• What is expected
Read the records and gather each line that includes "other".

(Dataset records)
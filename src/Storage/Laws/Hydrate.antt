-- ===== src/Storage/Laws/Hydrate.antt =====
-- What the manager is promised of the database holds of the tables that the program writes.
use asset_discovery.Asset.Identity.{mac_string}
use asset_discovery.Asset.Lifecycle.Load.{SnapshotLaw}
use asset_discovery.Asset.Shard.Locked.{HydratorLaw}
use asset_discovery.Asset.Types.{AssetId, AssetSnapshot}
use asset_discovery.Prelude.{
  All, Bool, Bool-cases, List, Option, [], false, if◌then◌else◌, inl, inr, none, refl, some, suc,
  sym, take, true, zero, ℕ, ◌+◌, ◌==◌, ◌||◌, ◌∷◌, ◌≡◌,
}
use asset_discovery.Prelude.Map.{Map}
use asset_discovery.Prelude.Map.Laws.{Entries}
use asset_discovery.Prelude.Text.{Text, is_empty, text_eq, text_eq→eq}
use asset_discovery.Prelude.Text.Order.{text_ltb}
use asset_discovery.Prelude.Time.{is_zero}
use asset_discovery.Storage.{AssetRow, Codec, Tables, time_fmt}
use asset_discovery.Storage.Laws.{DbLaw, RowLaw, SavedLaw}
use asset_discovery.Storage.Laws.Rows.{save_batch-DbLaw}
use asset_discovery.Storage.Load.{
  cons_option, LoadOptions, find_by_mac, insert_by_seen, load_asset_by_mac, load_assets,
  load_children, load_each, load_found, order_by_seen, read_asset, seen_since, select_assets,
}
use asset_discovery.Storage.Mac.{parse_mac-mac_string}
use asset_discovery.Storage.Save.{save_batch}
use mathlib.Core.Path.{subst}

-- If there is a result, a predicate holds of it.
abbrev pub IfSome {ℓ} : {A : Type ℓ} → (A → Type 0) → Option A → Type 0
IfSome P none = Unit
IfSome P (some a) = P a

abbrev Rows : List (AssetId × AssetRow) → Type 0
Rows = Entries RowLaw

-- The row that is read is lawful, and its printed address is the column.
ReadFrom : Text → AssetSnapshot → Type 0
ReadFrom mac s = (mac_string s.mac ≡ mac) × SnapshotLaw s

load_children-ReadFrom :
    (cx : Codec) (fails : ℕ → Bool) (n : ℕ) (t : Tables) (id : AssetId) (row : AssetRow)
    → RowLaw id row
    → IfSome (ReadFrom row.mac) (load_children cx fails n t (id, row))
unfolding load_children read_asset ReadFrom
load_children-ReadFrom cx fails n t id row l =
    let m = parse_mac-mac_string l.address l.hardware in
    elim (Bool-cases (fails n || (fails (n + 1) || fails (n + 2)))) [
      | inl e ↦ rw e tt
      | inr e ↦ rw e (rw l.printed (rw m (refl, l.named)))
    ]

find_by_mac_lem :
    (mac : Text) (rows : Map AssetRow)
    → Rows rows
    → IfSome (λ r. RowLaw r.0 r.1 × (r.1.mac ≡ mac)) (find_by_mac mac rows)
unfolding find_by_mac
find_by_mac_lem mac [] l = tt
find_by_mac_lem mac ((id, row) ∷ rows) l = elim (Bool-cases (text_eq row.mac mac)) [
  | inl e ↦ rw e (l.0, text_eq→eq row.mac mac e)
  | inr e ↦ rw e (find_by_mac_lem mac rows l.1)
]

load_found-ReadFrom :
    (cx : Codec) (fails : ℕ → Bool) (t : Tables) (mac : Text) (o : Option (AssetId × AssetRow))
    → IfSome (λ r. RowLaw r.0 r.1 × (r.1.mac ≡ mac)) o
    → IfSome (ReadFrom mac) (load_found cx fails t o)
unfolding load_found
load_found-ReadFrom cx fails t mac none l = tt
load_found-ReadFrom cx fails t mac (some (id, row)) (l, e) =
    rw (sym e) (load_children-ReadFrom cx fails 1 t id row l)

load_asset_by_mac-ReadFrom :
    (cx : Codec) (fails : ℕ → Bool) (t : Tables) (mac : Text)
    → DbLaw t
    → IfSome (ReadFrom mac) (load_asset_by_mac cx fails t mac)
unfolding load_asset_by_mac
load_asset_by_mac-ReadFrom cx fails t mac d = elim (Bool-cases (is_empty mac)) [
  | inl e ↦ rw e tt
  | inr e ↦ rw e (elim (Bool-cases (fails 0)) [
    | inl f ↦ rw f tt
    | inr f ↦ rw f (load_found-ReadFrom cx fails t mac _ (find_by_mac_lem mac t.assets d))
  ])
]

IfSome-at {ℓ} : {A : Type ℓ} (P : A → Type 0) (o : Option A) (a : A) → IfSome P o → o ≡ some a → P a
IfSome-at P none a p e = cc
IfSome-at P (some b) a p e = subst P (let q : some b ≡ some a = e in cc) p

pub load_asset_by_mac-HydratorLaw :
    (cx : Codec) (fails : ℕ → Bool) (t : Tables)
    → DbLaw t
    → HydratorLaw (some (load_asset_by_mac cx fails t))
unfolding ReadFrom
load_asset_by_mac-HydratorLaw cx fails t d mac s e =
    IfSome-at (ReadFrom mac) _ s (load_asset_by_mac-ReadFrom cx fails t mac d) e

seen_since-Rows : (since : Text) (rows : Map AssetRow) → Rows rows → Rows (seen_since since rows)
unfolding seen_since
seen_since-Rows since [] l = tt
seen_since-Rows since ((id, row) ∷ rows) l = elim (Bool-cases (text_ltb row.last_seen since)) [
  | inl e ↦ rw e (seen_since-Rows since rows l.1)
  | inr e ↦ rw e (l.0, seen_since-Rows since rows l.1)
]

insert_by_seen-Rows :
    (id : AssetId) (row : AssetRow) (rows : Map AssetRow)
    → RowLaw id row
    → Rows rows
    → Rows (insert_by_seen (id, row) rows)
unfolding insert_by_seen
insert_by_seen-Rows id row [] l ls = (l, tt)
insert_by_seen-Rows id row ((j, other) ∷ rows) l ls =
    elim (Bool-cases (text_ltb row.last_seen other.last_seen)) [
      | inl e ↦ rw e (ls.0, insert_by_seen-Rows id row rows l ls.1)
      | inr e ↦ rw e (l, ls)
    ]

order_by_seen-Rows : (rows : Map AssetRow) → Rows rows → Rows (order_by_seen rows)
unfolding order_by_seen
order_by_seen-Rows [] l = tt
order_by_seen-Rows ((id, row) ∷ rows) l =
    insert_by_seen-Rows id row _ l.0 (order_by_seen-Rows rows l.1)

take-Rows : (n : ℕ) (rows : Map AssetRow) → Rows rows → Rows (take n rows)
take-Rows zero rows l = tt
take-Rows (suc n) [] l = tt
take-Rows (suc n) ((id, row) ∷ rows) l = (l.0, take-Rows n rows l.1)

if-Rows : (b : Bool) (x y : Map AssetRow) → Rows x → Rows y → Rows (if b then x else y)
if-Rows true x y l k = l
if-Rows false x y l k = k

select_assets-Rows :
    (cx : Codec) (opts : LoadOptions) (t : Tables) → DbLaw t → Rows (select_assets cx opts t)
unfolding select_assets
select_assets-Rows cx opts t d =
    let shown =
      if-Rows (is_zero opts.since) t.assets _ d
        (seen_since-Rows (time_fmt cx opts.since) t.assets d) in
    let sorted = order_by_seen-Rows _ shown in
    if-Rows (opts.limit == 0) _ _ sorted (take-Rows opts.limit _ sorted)

cons_option-All :
    (P : AssetSnapshot → Type 0) (o : Option AssetSnapshot) (os : Option (List AssetSnapshot))
    → IfSome P o
    → IfSome (All P) os
    → IfSome (All P) (cons_option o os)
cons_option-All P none os h hs = tt
cons_option-All P (some s) none h hs = tt
cons_option-All P (some s) (some ss) h hs = (h, hs)

IfSome-mono {ℓ} :
    {A : Type ℓ} (P Q : A → Type 0) (o : Option A) → ((a : A) → P a → Q a) → IfSome P o → IfSome Q o
IfSome-mono P Q none f h = tt
IfSome-mono P Q (some a) f h = f a h

load_each-SnapshotLaw :
    (cx : Codec) (fails : ℕ → Bool) (n : ℕ) (t : Tables) (rows : Map AssetRow)
    → Rows rows
    → IfSome (All SnapshotLaw) (load_each cx fails n t rows)
unfolding load_each ReadFrom
load_each-SnapshotLaw cx fails n t [] l = tt
load_each-SnapshotLaw cx fails n t ((id, row) ∷ rows) l =
    cons_option-All SnapshotLaw _ _
      (IfSome-mono (ReadFrom row.mac) SnapshotLaw (load_children cx fails n t (id, row))
        (λ s r. r.1) (load_children-ReadFrom cx fails n t id row l.0))
      (load_each-SnapshotLaw cx fails (n + 3) t rows l.1)

pub load_assets-SnapshotLaw :
    (cx : Codec) (fails : ℕ → Bool) (opts : LoadOptions) (t : Tables)
    → DbLaw t
    → IfSome (All SnapshotLaw) (load_assets cx fails opts t)
unfolding load_assets
load_assets-SnapshotLaw cx fails opts t d = elim (Bool-cases (fails 0)) [
  | inl e ↦ rw e tt
  | inr e ↦ rw e (load_each-SnapshotLaw cx fails 1 t _ (select_assets-Rows cx opts t d))
]

-- Where every row of the assets is one of a hardware address under its id, as in a new database, it
-- stays so when a batch of such snapshots is saved, whether or not the save fails. From the tables
-- afterwards LoadAssetByMAC returns, for a text, only an asset whose address prints to the text and
-- whose id is the one of the address, and LoadAssets only assets with the id of their address: what
-- the manager asks of a hydrator and of loaded snapshots.
pub save_batch-Hydrates :
    (cx : Codec) (fails reads : ℕ → Bool) (opts : LoadOptions) (t : Tables)
    (ss : List AssetSnapshot)
    → DbLaw t
    → All SavedLaw ss
    → let t' = (save_batch cx fails t ss).0 in
      DbLaw t'
      × HydratorLaw (some (load_asset_by_mac cx reads t'))
      × IfSome (All SnapshotLaw) (load_assets cx reads opts t')
save_batch-Hydrates cx fails reads opts t ss d l =
    let d' = save_batch-DbLaw cx fails t ss d l in
    (d', load_asset_by_mac-HydratorLaw cx reads _ d', load_assets-SnapshotLaw cx reads opts _ d')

• Response to this exercise
insert_by_seen-Rows id row ((j, other) ∷ rows) l ls =
    elim (Bool-cases (text_ltb row.last_seen other.last_seen)) [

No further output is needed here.